Blockchain API Partial Outage

Incident Report for WalletConnect

Postmortem

TL;DR On December 15th our Blockchain API was at only 90% availability for 10h. Multiple process failures during an infrastructure migration led to this.

Summary

The partial outage happened for ~10h. The issue was discovered by an internal operator checking metrics. It was root caused and then mitigated by three operators. Most Blockchain API users were affected.

Root Cause Blockchain API relies on Prometheus to calculate which RPC providers to use. The app was updated with a wrong Prometheus URL breaking this functionality. As a result more requests were sent to providers that couldn’t handle them or rate limited us.

5 Whys

Why was the app updated with a wrong Prometheus URL?

We had been migrating the app to a new AWS account and changed many variables including this one.

Why was this not tested in staging?

We had tested a zero downtime migration in staging which we didn’t manage to do successfully and reverted to non-zero downtime migration which we didn’t properly test in staging.

Why are you ok with migrations not being tested proper?

It was not clear that the basic functionality wasn’t tested in staging.

Why was this not caught earlier?

We did not check the metrics immediately after completing the migration.

Why was this not acted upon earlier?

We had a prior partial outage a few months ago where the URL had been updated incorrectly so we knew the impact of this. When the operator acked the issue however it was a bit unclear what was broken.

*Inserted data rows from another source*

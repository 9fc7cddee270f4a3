-- ===== src/Net/Run/Members.antt =====
-- What the virtual functions of the set-up, and the set-up of the commands, leave alone.
use vwnet_lib.Base.{ℕ, ◌≡◌, refl, ◌∙◌, Bool, true, List, ℤ, pos, negsuc, if_both}
use vwnet_lib.Net.State.{Sys, Handlers}
use vwnet_lib.Net.Setup.{
  Service, next_fd, next_ok, failed, at_fd, open_writer, open_pipe, mkfifo, make_fifo,
  setup_command_fd, bind, listen, connect, try_call, server_do_bind, server_start_service,
  client_start_service,
}
use vwnet_lib.Net.Run.Release.{opened, has_fifo, all_positive, next_fd_positive}

module _ {A : Type 0} where
  -- The same members and the same descriptors.
  pub record SameFds (s s' : Service A) : Type 0 where
    pub same_epollfd : s'.epollfd ≡ s.epollfd
    pub same_svr_sfd : s'.svr_sfd ≡ s.svr_sfd
    pub same_cmdfd : s'.cmdfd ≡ s.cmdfd
    pub same_fds : s'.fds ≡ s.fds
    pub same_opened : opened s'.trace ≡ opened s.trace
    pub same_fifo : has_fifo s'.trace ≡ has_fifo s.trace

  pub SameFds-trans : {s t u : Service A} → SameFds s t → SameFds t u → SameFds s u
  SameFds-trans p q = record {
    same_epollfd = q.same_epollfd ∙ p.same_epollfd;
    same_svr_sfd = q.same_svr_sfd ∙ p.same_svr_sfd;
    same_cmdfd = q.same_cmdfd ∙ p.same_cmdfd;
    same_fds = q.same_fds ∙ p.same_fds;
    same_opened = q.same_opened ∙ p.same_opened;
    same_fifo = q.same_fifo ∙ p.same_fifo;
  }

  -- What the virtual functions of the set-up leave alone.
  abbrev pub KeepsFds : (Service A → Bool × Service A) → Type 0
  KeepsFds f = (s : Service A) → SameFds s (f s).1

  abbrev out-SameFds : Service A → {B : Type 0} → B × Service A → Type 0
  out-SameFds s out = SameFds s out.1

  at_fd-SameFds :
      (fd : ℤ) (f : ℕ → Sys A → Sys A) (s t : Service A) → SameFds s t → SameFds s (at_fd fd f t)
  at_fd-SameFds (pos fd) f s t same = record {
    same_epollfd = same.same_epollfd;
    same_svr_sfd = same.same_svr_sfd;
    same_cmdfd = same.same_cmdfd;
    same_fds = same.same_fds;
    same_opened = same.same_opened;
    same_fifo = same.same_fifo;
  }
  at_fd-SameFds (negsuc n) f s t same = same

  pub server_do_bind-KeepsFds : KeepsFds server_do_bind
  unfolding server_do_bind
  server_do_bind-KeepsFds s =
      if_both (out-SameFds s) (next_ok s.oks).0 (at_fd-SameFds s.svr_sfd _ s _ tried) tried
    where
      tried : SameFds s (try_call bind s).1
      tried = record {
        same_epollfd = refl;
        same_svr_sfd = refl;
        same_cmdfd = refl;
        same_fds = refl;
        same_opened = refl;
        same_fifo = refl;
      }

  pub server_start_service-KeepsFds : KeepsFds server_start_service
  unfolding server_start_service
  server_start_service-KeepsFds s =
      if_both (out-SameFds s) (next_ok s.oks).0 (at_fd-SameFds s.svr_sfd _ s _ tried) tried
    where
      tried : SameFds s (try_call listen s).1
      tried = record {
        same_epollfd = refl;
        same_svr_sfd = refl;
        same_cmdfd = refl;
        same_fds = refl;
        same_opened = refl;
        same_fifo = refl;
      }

  pub client_start_service-KeepsFds :
      (h : Handlers A) (block : List ℕ) → KeepsFds (client_start_service h block)
  unfolding client_start_service
  client_start_service-KeepsFds h block s =
      if_both (out-SameFds s) (next_ok s.oks).0
        (at_fd-SameFds s.svr_sfd h.on_connect s _ (
          at_fd-SameFds s.svr_sfd _ s _
            (at_fd-SameFds s.svr_sfd _ s _ (at_fd-SameFds s.svr_sfd _ s _ tried))))
        tried
    where
      tried : SameFds s (try_call connect s).1
      tried = record {
        same_epollfd = refl;
        same_svr_sfd = refl;
        same_cmdfd = refl;
        same_fds = refl;
        same_opened = refl;
        same_fifo = refl;
      }

  -- What the set-up of the commands does to the other members.
  pub record Beside (s s' : Service A) : Type 0 where
    pub kept_epollfd : s'.epollfd ≡ s.epollfd
    pub kept_svr_sfd : s'.svr_sfd ≡ s.svr_sfd
    pub kept_positive : all_positive s'.fds ≡ true

  at_fd-Beside :
      (fd : ℤ) (f : ℕ → Sys A → Sys A) (s t : Service A) → Beside s t → Beside s (at_fd fd f t)
  at_fd-Beside (pos fd) f s t b = record {
    kept_epollfd = b.kept_epollfd;
    kept_svr_sfd = b.kept_svr_sfd;
    kept_positive = b.kept_positive;
  }
  at_fd-Beside (negsuc n) f s t b = b

  abbrev out-Beside : Service A → {B : Type 0} → B × Service A → Type 0
  out-Beside s out = Beside s out.1

  open_writer-Beside : (fd : ℤ) (s t : Service A) → Beside s t → Beside s (open_writer fd t).1
  unfolding open_writer
  open_writer-Beside fd s t b =
      if_both (out-Beside s) (failed (next_fd t.fds).0)
        (record {
          kept_epollfd = b.kept_epollfd;
          kept_svr_sfd = b.kept_svr_sfd;
          kept_positive = positive;
        })
        (at_fd-Beside fd _ s _ (record {
          kept_epollfd = b.kept_epollfd;
          kept_svr_sfd = b.kept_svr_sfd;
          kept_positive = positive;
        }))
    where
      positive : all_positive (next_fd t.fds).1 ≡ true
      positive = (next_fd_positive t.fds b.kept_positive).1

  open_pipe-Beside : (s t : Service A) → Beside s t → Beside s (open_pipe t).1
  unfolding open_pipe
  open_pipe-Beside s t b =
      if_both (out-Beside s) (failed (next_fd t.fds).0)
        (record {
          kept_epollfd = b.kept_epollfd;
          kept_svr_sfd = b.kept_svr_sfd;
          kept_positive = positive;
        })
        (open_writer-Beside (next_fd t.fds).0 s _ (record {
          kept_epollfd = b.kept_epollfd;
          kept_svr_sfd = b.kept_svr_sfd;
          kept_positive = positive;
        }))
    where
      positive : all_positive (next_fd t.fds).1 ≡ true
      positive = (next_fd_positive t.fds b.kept_positive).1

  make_fifo-Beside : (s t : Service A) → Beside s t → Beside s (make_fifo t).1
  unfolding make_fifo
  make_fifo-Beside s t b =
      if_both (out-Beside s) (next_ok t.oks).0 (open_pipe-Beside s _ tried) tried
    where
      tried : Beside s (try_call mkfifo t).1
      tried = record {
        kept_epollfd = b.kept_epollfd;
        kept_svr_sfd = b.kept_svr_sfd;
        kept_positive = b.kept_positive;
      }

  pub setup_command_fd-Beside :
      (s : Service A) → all_positive s.fds ≡ true → Beside s (setup_command_fd s).1
  unfolding setup_command_fd
  setup_command_fd-Beside s positive = make_fifo-Beside s _ (
      if_both (Beside s) (next_ok s.oks).0
        (record { kept_epollfd = refl; kept_svr_sfd = refl; kept_positive = positive })
        (record { kept_epollfd = refl; kept_svr_sfd = refl; kept_positive = positive }))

What could we have done better?

Have integration tests to ensure the communication between the service and Prometheus is working before promoting it to prod
Confirm app works including metrics in staging before going to prod
Confirm metrics work immediately after doing the migration
Have alarms for the weights metric which was broken in this case and has been broken before
Have an alarm for when the availability metric is broken

Action items

Add integration tests against Prometheus as a necessary step before promoting to prod @Xavier Basty .
Install aforementioned alarms @Xavier Basty
Write down migration checklist @Derek Rein

Posted Dec 16, 2023 - 21:01 UTC

Resolved

Blockchain API was at 90% availability for 10h. We will publish the Postmortem on Monday or before.

Posted Dec 15, 2023 - 17:00 UTC